Founded by veteran TV and film writer Norman Steinberg (Blazing Saddles, Johnny Dangerously, Cosby), LIU’s M.F.A. in Writing & Producing For Television (located on its Brooklyn campus) doesn’t plop students into classrooms and lecture halls. It recreates the experience of writing and producing an actual television show—putting students into practical writers rooms and studios, where they write and produce a one-hour pilot! (They also have opportunities to work on half-hour comedies, if that’s their focus.)
To me, this is the exact type of TV-writing training program more schools need to embrace; writing TV is such a collaborative process, it can’t—and shouldn’t—be learned in traditional classrooms. Sure, you need to know all you can about structure and character and stakes and whatnot… but you also need to understand how to navigate the politics and relationships of a room, when to pitch and not to pitch, how to interact with showrunners, how to rewrite on set, etc. And those are things you can’t learn in the bubble of a classroom!
So last week, I caught up with Norman—who somehow has time to run the program, teach, and prepare his upcoming TV show, “Chemistry”—to chat about teaching, his incredible career, and breaking into television.
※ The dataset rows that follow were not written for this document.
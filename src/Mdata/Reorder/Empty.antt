-- ===== src/Mdata/Reorder/Empty.antt =====
-- Empty reorder buffers: a new one, and one that has been flushed.
use metrictank.Common.{
  ℕ, zero, suc, ◌*◌, ◌<◌, ◌≡◌, refl, List, [], ◌∷◌, map, replicate, arith, Bool, length-map,
  length-replicate,
}
use metrictank.Common.Words.{u32_mod}
use native.Mathlib.Nat.{zero-div, zero-mod, zero-mul}
use metrictank.Schema.{Point}
use metrictank.Mdata.Reorder.{ReorderBuffer, at, cap, zero_point, cleared, new, get, reset, flush}
use metrictank.Mdata.Reorder.Window.{window-nil}
use metrictank.Mdata.Reorder.Conserve.{get-window}
use metrictank.Mdata.Reorder.Invariant.{IsValid, newest-lt-cap}

replicate-empty : (n i : ℕ) → (at (replicate n zero_point) i).ts ≡ 0
replicate-empty zero i = refl
replicate-empty (suc n) zero = refl
replicate-empty (suc n) (suc i) = replicate-empty n i

cleared-empty : (buf : List Point) (i : ℕ) → (at (map cleared buf) i).ts ≡ 0
cleared-empty [] i = refl
cleared-empty (p ∷ ps) zero = refl
cleared-empty (p ∷ ps) (suc i) = cleared-empty ps i

-- A buffer with no point in it and the newest index at 0 is valid.
empty-IsValid :
    (rob : ReorderBuffer)
    → 0 < rob.interval
    → 0 < cap rob
    → cap rob * rob.interval < u32_mod
    → rob.newest ≡ 0
    → ((i : ℕ) → (at rob.buf i).ts ≡ 0)
    → IsValid rob
empty-IsValid rob pos some_slot fits e none_set = record {
  interval_pos = pos;
  nonempty = some_slot;
  fits = fits;
  newest_bounded = omega (arith, none_set rob.newest);
  newest_slot = rw (none_set rob.newest, zero-div, zero-mod, e);
  newest_aligned = rw (none_set rob.newest, zero-div, zero-mul);
  slots = λ i h ne. absurd (ne (none_set i));
}

empty-get : (rob : ReorderBuffer) → IsValid rob → ((i : ℕ) → (at rob.buf i).ts ≡ 0) → get rob ≡ []
empty-get rob v none_set =
    rw (get-window rob (newest-lt-cap v)) (window-nil rob.buf _ _ (λ j p q. none_set _))

-- A new buffer is valid and holds nothing, for a positive window and interval whose product is
-- below 2^32.
new-IsValid :
    (reorder_window interval : ℕ) (allow_update : Bool)
    → 0 < interval
    → 0 < reorder_window
    → reorder_window * interval < u32_mod
    → IsValid (new reorder_window interval allow_update)
      × (get (new reorder_window interval allow_update) ≡ [])
unfolding new
new-IsValid w i up pos some_slot fits = (valid, empty-get _ valid (replicate-empty w))
  where
    valid : IsValid (new w i up)
    valid =
        empty-IsValid (new w i up) pos (rw (length-replicate w zero_point) some_slot)
          (rw (length-replicate w zero_point) fits) refl (replicate-empty w)

-- `Flush` of a valid buffer returns what `Get` lists, and leaves a valid buffer of the same size that holds nothing.
flush-IsValid :
    (rob : ReorderBuffer)
    → IsValid rob
    → let (points, rob') = flush rob in
      (points ≡ get rob) × IsValid rob' × (get rob' ≡ []) × (cap rob' ≡ cap rob)
unfolding flush reset
flush-IsValid rob v =
    (refl, valid, empty-get _ valid (cleared-empty rob.buf), length-map rob.buf cleared)
  where
    valid : IsValid (reset rob)
    valid =
        empty-IsValid (reset rob) v.interval_pos (rw (length-map rob.buf cleared) v.nonempty)
          (rw (length-map rob.buf cleared) v.fits) refl (cleared-empty rob.buf)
Here’s what he had to say…
ME: There are many schools and graduate programs focusing on television. But your program at Long Island University takes a bit of different approach, a more “real-world” approach. How is your program different… and what inspired you to start this program?
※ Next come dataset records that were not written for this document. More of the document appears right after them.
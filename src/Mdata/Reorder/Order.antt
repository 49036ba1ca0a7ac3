-- ===== src/Mdata/Reorder/Order.antt =====
-- The order of the points that `ReorderBuffer.Get` lists.
use native.Mathlib.Nat.{mod-lt}
use metrictank.Common.{
  ℕ, zero, suc, ◌+◌, ◌%◌, ◌≤◌, ◌<◌, ◌≢◌, inl, inr, List, [], ◌∷◌, arith, Bool-cases, ◌==◌,
}
use metrictank.Schema.{Point}
use metrictank.Mdata.Reorder.{ReorderBuffer, at, cap, get}
use metrictank.Mdata.Reorder.Window.{window}
use metrictank.Mdata.Reorder.Conserve.{get-window}
use metrictank.Mdata.Reorder.Invariant.{IsValid, newest-lt-cap, position_bucket, lt_of_buckets}

-- Timestamps strictly ascend from above `lo` on.
abbrev pub Ascends : ℕ → List Point → Type 0
Ascends lo [] = Unit {0}
Ascends lo (p ∷ ps) = (lo < p.ts) × Ascends p.ts ps

later_bucket :
    (rob : ReorderBuffer) (j k : ℕ)
    → IsValid rob
    → rob.newest + 1 ≤ j
    → j < k
    → k < rob.newest + 1 + cap rob
    → (at rob.buf (j % cap rob)).ts ≢ 0
    → (at rob.buf (k % cap rob)).ts ≢ 0
    → (at rob.buf (j % cap rob)).ts < (at rob.buf (k % cap rob)).ts
later_bucket rob j k v lo lt hi nj nk =
    lt_of_buckets rob.interval (at rob.buf (j % cap rob)).ts (at rob.buf (k % cap rob)).ts
      v.interval_pos (v.slots (j % cap rob) (mod-lt j v.nonempty) nj).aligned
      (v.slots (k % cap rob) (mod-lt k v.nonempty) nk).aligned
      (omega (
        arith,
        position_bucket rob j v lo (omega arith) nj,
        position_bucket rob k v (omega arith) hi nk,
      ))

window-Ascends :
    (rob : ReorderBuffer) (n k lo : ℕ)
    → IsValid rob
    → rob.newest + 1 ≤ k
    → k + n ≤ rob.newest + 1 + cap rob
    → ((j : ℕ)
        → k ≤ j
        → j < k + n
        → (at rob.buf (j % cap rob)).ts ≢ 0
        → lo < (at rob.buf (j % cap rob)).ts)
    → Ascends lo (window rob.buf k n)
window-Ascends rob zero k lo v a b h = tt
window-Ascends rob (suc n) k lo v a b h = elim (Bool-cases ((at rob.buf (k % cap rob)).ts == 0)) [
  | inl e ↦ rw e (
      window-Ascends rob n (k + 1) lo v (omega arith) (omega arith)
        (λ j p q. h j (omega arith) (omega arith)))
  | inr e ↦
      let ne : (at rob.buf (k % cap rob)).ts ≢ 0 = ground arith in
      rw e (
        h k (omega arith) (omega arith) ne,
        window-Ascends rob n (k + 1) (at rob.buf (k % cap rob)).ts v (omega arith) (omega arith)
            (λ j p q nj. later_bucket rob k j v a (omega arith) (omega arith) ne nj),
      )
]

-- `Get` of a valid buffer lists the points by ascending timestamp, each timestamp once, and none of them 0.
pub get-Ascends : (rob : ReorderBuffer) → IsValid rob → Ascends 0 (get rob)
get-Ascends rob v = rw (get-window rob (newest-lt-cap v)) (
    window-Ascends rob (cap rob) (rob.newest + 1) 0 v (omega arith) (omega arith)
      (λ j p q ne. omega arith))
NORMAN: I don’t have to sit here and answer these inane fucking questions. I’m leaving.
The SOUND of retreating FOOTSTEPS is HEARD. A door is SLAMMED SHUT.
A Beat. Another Beat.
A door OPENS. Now, advancing FOOTSTEPS is HEARD.
Okay, maybe I was a bit precipitous. I’m back; I’ve calmed down.
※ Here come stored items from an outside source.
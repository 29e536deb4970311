-- ===== src/Proxy/Serve.antt =====
-- `Proxy` of internal/api/v1/proxy.go. Parameters: the readers of URLs and of the query, lower case
-- outside ASCII, `net.ParseIP`, the environment's lists, the network, and the rewriting of a playlist. The state
-- is what requests share: the learned hosts, the memo of transports, and the caches of playlists and keys.
use Prim.Native.String.{String}
use aniraku_backend.Base.{
  ◌==◌, if◌then◌else◌, length, any, Text, codes, text_eq, has_suffix, contains, decimal, Dict, ℕ,
  Bool, not, ◌&&◌, ◌||◌, Option, none, some, List, [], ◌∷◌, ◌++◌,
}
use aniraku_backend.Streaming.VodCache.{VodCacheEntry}
use aniraku_backend.Proxy.Allowlist.{Learned}
use aniraku_backend.Proxy.Transport.{
  Upstream, failed, responded, TransportEntry, Wire, Fetched, do_request,
}
use aniraku_backend.Proxy.Answer.{
  relayed, Answer, respond_error, cacheable_media_headers, proxy_redirect_blocked,
}

pub record KeyEntry : Type 0 where
  pub key : Text
  pub fetched_at : ℕ

pub record Shared : Type 0 where
  pub learned : Learned
  pub memo : Dict TransportEntry
  pub playlists : Dict VodCacheEntry
  pub keys : Dict KeyEntry

-- What `url.Parse` gives; the fields are the parts that the proxy reads.
pub record Url : Type 0 where
  pub scheme : Text
  pub hostname : Text
  pub host : Text
  pub port : Text
  pub path : Text
  pub raw_query : Text

pub record Request : Type 0 where
  pub method : Text
  pub origin : Text
  -- The query's parameters `url`, `headers` and `al`.
  pub target : Text
  pub headers : Text
  pub al : Text

-- What happens during the request: the clock at its start and when a response is stored, whether a slot is free before the hold ends,
-- whether the client stays through the pause before the second fetch, and the network.
pub record Course : Type 0 where
  pub now : ℕ
  pub done : ℕ
  pub admitted : Bool
  pub stays : Bool
  pub wire : Wire

abbrev pub blocked_proxy_ports : List String
blocked_proxy_ports =
    "21" ∷ "22" ∷ "23" ∷ "25" ∷ "53" ∷ "110" ∷ "143" ∷ "389" ∷ "445" ∷ "465" ∷ "587" ∷ "993" ∷ "995"
    ∷ "1433" ∷ "1521" ∷ "2049" ∷ "2375" ∷ "3306" ∷ "3389" ∷ "5432" ∷ "5900" ∷ "6379" ∷ "9200"
    ∷ "11211" ∷ "27017" ∷ []

unfoldable pub is_blocked_port : Text → Bool
unfolding text_eq
is_blocked_port port =
    not (text_eq port []) && any (λ p. text_eq port (codes p)) blocked_proxy_ports

unfoldable pub is_subtitle_url : Text → Bool
unfolding contains
is_subtitle_url path =
    any (λ m. contains path (codes m)) (".vtt" ∷ ".srt" ∷ "/captions" ∷ "/subtitle" ∷ "/subs/" ∷ [])

abbrev pub key_ttl : ℕ
key_ttl = 300_000_000_000

unfoldable pub playlist_path : Text → Bool
unfolding has_suffix
playlist_path path = has_suffix path (codes ".m3u8") || has_suffix path (codes ".m3u")

unfoldable pub key_path : Text → Bool
unfolding has_suffix
key_path path = has_suffix path (codes ".key")

-- `isHLS`: what hints at a playlist; the arguments are the lower-case path and query.
unfoldable pub hints_playlist : Text → Text → Upstream → Bool
unfolding playlist_path contains
hints_playlist path query u =
    contains u.content_type (codes "mpegurl")
    || contains u.content_type (codes "m3u8")
    || playlist_path path
    || contains query (codes "m3u8")

unfoldable pub or_else : Text → Text → Text
unfolding text_eq
or_else s other = if text_eq s [] then other else s

-- The content type of a body that is relayed.
unfoldable pub media_type : Text → Text → Text
unfolding or_else has_suffix key_path is_subtitle_url text_eq
media_type path upstream =
    let ct = or_else upstream (codes "application/octet-stream") in
    let ct =
      if (has_suffix path (codes ".jpg") || has_suffix path (codes ".ts"))
      then codes "video/mp2t"
      else ct in
    let ct = if key_path path then codes "application/octet-stream" else ct in
    if is_subtitle_url path
      && (text_eq ct []
          || text_eq ct (codes "application/octet-stream")
          || text_eq ct (codes "application/binary"))
    then codes "text/vtt; charset=utf-8"
    else ct

unfoldable pub given : Text → Option Text
unfolding text_eq
given s = if text_eq s [] then none else some s

-- The end of `Proxy`: a body that is no playlist goes to the client as it comes.
unfoldable pub relay : Text → Upstream → Text → Answer → Answer
unfolding media_type given cacheable_media_headers text_eq
relay path u bytes a =
    let part = u.status == 206 in
    let whole = u.status == 200 in
    let a =
      if whole
      then cacheable_media_headers (codes "public, max-age=31536000, immutable") a
      else if part
      then cacheable_media_headers (codes "public, max-age=31536000") a
      else a in
    record a {
      status = u.status;
      content_type = some (media_type path u.content_type);
      content_range = given u.content_range;
      accept_ranges =
          if text_eq u.accept_ranges []
          then (if part then some (codes "bytes") else none)
          else some u.accept_ranges;
      content_length = if whole || part then given u.content_length else none;
      body = relayed bytes;
    }

-- The answer to a transport error.
unfoldable pub unreachable : Text → Answer → Answer
unfolding contains respond_error
unreachable e a =
    if contains e (codes "connection refused")
      || contains e (codes "no route to host")
      || contains e (codes "i/o timeout")
    then respond_error 502
        (codes "CDN_BLOCKED: upstream refused connection - CDN blocks datacenter IPs") a
    else respond_error 502 (codes "upstream request failed") a

-- The responses that are not passed on, with the answer in their place.
unfoldable pub refuses : ℕ → Answer → Option Answer
unfolding proxy_redirect_blocked respond_error
refuses status a =
    if proxy_redirect_blocked status
    then some (respond_error 502 (codes "upstream media redirect blocked") a)
    else if status == 429
    then some (respond_error 502 (codes "CDN_BLOCKED: upstream rate limited (HTTP 429)") a)
    else if status == 502 || status == 403
    then some (
        respond_error 502
          (codes "CDN_BLOCKED: upstream rejected (HTTP " ++ decimal status ++ codes ")") a)
    else if status == 503
    then some (respond_error 502 (codes "upstream returned " ++ decimal status) a)
    else none

-- The first fetch, and the second after a 403, or a 429 for a playlist: the memo and the outcome.
unfoldable pub fetch : Course → Request → Url → Text → Dict TransportEntry → Fetched
unfolding do_request playlist_path text_eq
fetch c r u path memo =
    let https = text_eq u.scheme (codes "https") in
    let first = do_request c.wire u.host https 0 memo in
    let second = do_request c.wire u.host https (length first.tried) first.memo in
    elim first.outcome [
      | failed e ↦ first
      | responded up ↦
          if text_eq r.method (codes "GET")
            && (up.status == 403 || (up.status == 429 && playlist_path path))
          then (if c.stays
              then record second { tried = first.tried ++ second.tried }
              else record first { outcome = failed (codes "context canceled") })
          else first
    ]

-- The answer where no slot of the fill limiter came free.
unfoldable pub shed : Answer → Answer
unfolding respond_error
shed a = record (respond_error 503 (codes "proxy busy, retry shortly") a) {
  retry_after = some (codes "3");
}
To begin with, I disagree with your topic sentence. There are not “many schools and graduate programs focusing on television.” I think that most schools offer programs that concentrate on screenwriting. It’s hotter; more glamorous; more singular; and the money’s supposedly better. The art, the craft, the sometimes drudgery of writing for television takes a decided backseat almost all the time. If it’s dealt with at all, it’s usually as a stepchild of a screenwriting curriculum.
My program at LIU’s Brooklyn Campus–The TV Writers Studio– (TVWS) focuses solely on writing and producing for TV. The natural way for me to go would have been to establish a premiere screenwriting program at the University. But, I did not want to deal one-on-one with twenty plus writers on twenty plus projects.
Maybe I needed some cohesion and collegiality in my own life. All I know is, I was intent on leading a collaborative program, which is the essence of writing for the television medium. The second goal I had was to make the program experiential. I wanted to give these students a true taste of what it is like to work, day to day, as a writer on the staff of a TV series. Most theory-based faculty members frown on this approach, thinking it too “vocational.” Well, screw them if they can’t take a joke. My game plan was to take my students every step of the way from series concept through writing, rewriting, and finally, production to network or cable sale and the inevitable lawsuits in the two years they would spend with me.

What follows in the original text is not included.